There’s nothing elegant about the Market. It resembles nothing so much as a cross between an overgrown barn and a collection of roadside stalls. Any ambience is a byproduct of the chaotic jumble of boxes and people crammed into a city block, hitting a fever pitch Saturdays when Toronto descends en masse.

Duelling green grocers try to establish whether you’re inadvertently trying to pay for the other guy’s zucchini. Boxes of spices overflow in the basement bulk shop, surely Toronto’s cheapest aromatherapy. A butcher rings a cowbell seemingly at random. Is it to celebrate a significant sale? Does it mark the hour? Is it just random boredom? Who knows?

The Stories that Make a Place

I’ve discovered the Market’s idiosyncrasies and details, both cryptic and trivial, over the years, like the name of the flower guy I buy a rose from each week for my wife. I know where the prison used to be when the Market was Toronto’s town hall, shackles hanging from the wall. I’ve learned that if you wait till 3:00 on a Saturday, you can find fish that’s been marked down at least once, and maybe twice. I know that the German-sounding deli is actually run by a Greek family. (“Odysseus” is the best name ever for a cheese-monger. It makes me think of some intrepid soul embarking on a ten-year journey to bring back the finest Camembert from around the globe)

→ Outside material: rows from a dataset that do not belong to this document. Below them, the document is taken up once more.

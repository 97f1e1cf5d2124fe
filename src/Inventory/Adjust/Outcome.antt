-- ===== src/Inventory/Adjust/Outcome.antt =====
-- How `adjustStock` (src/services/inventoryService.ts) can end.
use backend_v.Prelude.{
  ◌≡◌, refl, true, false, none, some, arith, Bool-cases, Option-cases, inl, inr,
}
use backend_v.Errors
use backend_v.Errors.{Result, app, ok, err}
use backend_v.Errors.Code.{product_not_found}
use backend_v.Inventory.Mode.{InventoryMode, cashier_mode, branch_mode, get_inventory_mode}
use backend_v.Inventory.Table.{quantity_of, create_missing}
use backend_v.Inventory.Adjust.Laws.{
  change_of, branch_changed, cashier_changed, overdraws, adjust_branch_stock_lem,
  adjust_cashier_row_lem,
}
use backend_v.Inventory.Adjust.{
  AdjustStockInput, StockChange, is_zero, branch_key, cashier_key, insufficient, unchanged, named,
  find_product, adjust_cashier_stock, adjust_in_mode, adjust_stock, adjust_cashier_row,
}
use backend_v.Store.Schema.{RowId, Db, Product, branch_key_eq, cashier_key_eq}

-- The end `r` of a stock change that begins at `d`, with the condition that leads to it.
pub data Outcome (i : AdjustStockInput) (d : Db) (r : Result StockChange × Db) : Type 0 where
  missing :
      find_product i d ≡ none
      → r ≡ (err (app (Errors.not_found product_not_found)), d)
      → Outcome i d r
  unnamed :
      (p : Product)
      → find_product i d ≡ some p
      → get_inventory_mode d ≡ cashier_mode
      → named i.cashier_id ≡ none
      → r ≡ (err (app Errors.validation), d)
      → Outcome i d r
  branch_unchanged :
      (p : Product)
      → find_product i d ≡ some p
      → get_inventory_mode d ≡ branch_mode
      → is_zero i.delta ≡ true
      → r ≡ (ok (unchanged (quantity_of (branch_key i) d.branch_inventory)), d)
      → Outcome i d r
  cashier_unchanged :
      (p : Product) (c : RowId)
      → find_product i d ≡ some p
      → get_inventory_mode d ≡ cashier_mode
      → named i.cashier_id ≡ some c
      → is_zero i.delta ≡ true
      → r ≡ (ok (unchanged (quantity_of (cashier_key i c) d.cashier_inventory)), d)
      → Outcome i d r
  branch_overdraft :
      (p : Product)
      → find_product i d ≡ some p
      → get_inventory_mode d ≡ branch_mode
      → is_zero i.delta ≡ false
      → overdraws (quantity_of (branch_key i) d.branch_inventory) i.delta ≡ true
      → r ≡ (
        err insufficient,
        record d { branch_inventory = create_missing (branch_key i) d.branch_inventory },
      )
      → Outcome i d r
  cashier_overdraft :
      (p : Product) (c : RowId)
      → find_product i d ≡ some p
      → get_inventory_mode d ≡ cashier_mode
      → named i.cashier_id ≡ some c
      → is_zero i.delta ≡ false
      → overdraws (quantity_of (cashier_key i c) d.cashier_inventory) i.delta ≡ true
      → r ≡ (
        err insufficient,
        record d { cashier_inventory = create_missing (cashier_key i c) d.cashier_inventory },
      )
      → Outcome i d r
  branch_change :
      (p : Product)
      → find_product i d ≡ some p
      → get_inventory_mode d ≡ branch_mode
      → is_zero i.delta ≡ false
      → overdraws (quantity_of (branch_key i) d.branch_inventory) i.delta ≡ false
      → r ≡ (ok (change_of i (quantity_of (branch_key i) d.branch_inventory)), branch_changed i d)
      → Outcome i d r
  cashier_change :
      (p : Product) (c : RowId)
      → find_product i d ≡ some p
      → get_inventory_mode d ≡ cashier_mode
      → named i.cashier_id ≡ some c
      → is_zero i.delta ≡ false
      → overdraws (quantity_of (cashier_key i c) d.cashier_inventory) i.delta ≡ false
      → r ≡ (
        ok (change_of i (quantity_of (cashier_key i c) d.cashier_inventory)),
        cashier_changed i c d,
      )
      → Outcome i d r

branch_Outcome :
    (i : AdjustStockInput) (d : Db) (p : Product)
    → find_product i d ≡ some p
    → get_inventory_mode d ≡ branch_mode
    → Outcome i d (adjust_in_mode branch_mode i d)
unfolding adjust_in_mode
branch_Outcome i d p found mode =
    let q = quantity_of (branch_key i) d.branch_inventory in
    elim (Bool-cases (is_zero i.delta)) [
      | inl zero ↦ branch_unchanged p found mode zero (ground (arith, adjust_branch_stock_lem i d))
      | inr nonzero ↦ elim (Bool-cases (overdraws q i.delta)) [
        | inl over ↦
            branch_overdraft p found mode nonzero over
              (rw (adjust_branch_stock_lem i d, nonzero, over))
        | inr fits ↦
            branch_change p found mode nonzero fits
              (rw (adjust_branch_stock_lem i d, nonzero, fits))
      ]
    ]

named-Outcome :
    (i : AdjustStockInput) (c : RowId) (d : Db) (p : Product)
    → find_product i d ≡ some p
    → get_inventory_mode d ≡ cashier_mode
    → named i.cashier_id ≡ some c
    → Outcome i d (adjust_cashier_row i c d)
named-Outcome i c d p found mode name =
    let q = quantity_of (cashier_key i c) d.cashier_inventory in
    elim (Bool-cases (is_zero i.delta)) [
      | inl zero ↦
          cashier_unchanged p c found mode name zero (ground (arith, adjust_cashier_row_lem i c d))
      | inr nonzero ↦ elim (Bool-cases (overdraws q i.delta)) [
        | inl over ↦
            cashier_overdraft p c found mode name nonzero over
              (rw (adjust_cashier_row_lem i c d, nonzero, over))
        | inr fits ↦
            cashier_change p c found mode name nonzero fits
              (rw (adjust_cashier_row_lem i c d, nonzero, fits))
      ]
    ]

cashier_Outcome :
    (i : AdjustStockInput) (d : Db) (p : Product)
    → find_product i d ≡ some p
    → get_inventory_mode d ≡ cashier_mode
    → Outcome i d (adjust_in_mode cashier_mode i d)
unfolding adjust_in_mode adjust_cashier_stock
cashier_Outcome i d p found mode = elim (Option-cases (named i.cashier_id)) [
  | inl absent ↦ unnamed p found mode absent (rw absent)
  | inr (c, name) ↦ rw name (named-Outcome i c d p found mode name)
]

in_mode_Outcome :
    (i : AdjustStockInput) (d : Db) (p : Product) (m : InventoryMode)
    → find_product i d ≡ some p
    → get_inventory_mode d ≡ m
    → Outcome i d (adjust_in_mode m i d)
in_mode_Outcome i d p branch_mode found mode = branch_Outcome i d p found mode
in_mode_Outcome i d p cashier_mode found mode = cashier_Outcome i d p found mode

-- A stock change ends in one of the ways of `Outcome`, which fix the condition, the answer and the
-- database: the product is missing, no cashier is named though the mode asks for one, the change is
-- of zero, there is too little stock, or the row, the aggregate and the history are written.
pub adjust_stock-Outcome : (i : AdjustStockInput) (d : Db) → Outcome i d (adjust_stock i d)
unfolding adjust_stock
adjust_stock-Outcome i d = elim (Option-cases (find_product i d)) [
  | inl none_found ↦ missing none_found (rw none_found)
  | inr (p, found) ↦ rw found (in_mode_Outcome i d p (get_inventory_mode d) found refl)
]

Farther afield is the lunch place I visit each Saturday, where the owner knows my order before I even set foot inside (chicken salad with an extra falafel), and the barber who regales me with the latest on which businesses are moving in or out.

That’s what makes a place a neighbourhood: people and their stories. A neighbourhood needs context and history, roots and randomness, knit together by people you want to get to know. It never ceases to amaze me that in a city as big and cool-to-the-touch as Toronto, there are still places like that. That’s  why when I think of what I’ll be doing when I’m 65 (if I’m still around, healthy and financially solvent) the thought of just being a part of the place appeals to me: sampling the cheese at Scheffler’s, listening to the guitar player compete with the Dixieland combo for change, recognizing toys from my childhood at the antique market, helping out here and there if people need a hand. The thought of becoming part of the neighbourhood by becoming one its stories makes me happy.

Maybe I should visit Yonge & Eglinton to see if the mayor’s still around. Maybe I can tease his story out of him, and find out if I was right. It’s probably better if I just leave his story in my imagination intact, because if I’m right and he was (or still is) the Mayor of Yonge & Eglinton, I feel like there’s a precedent, and maybe I can become the Mayor of the Market.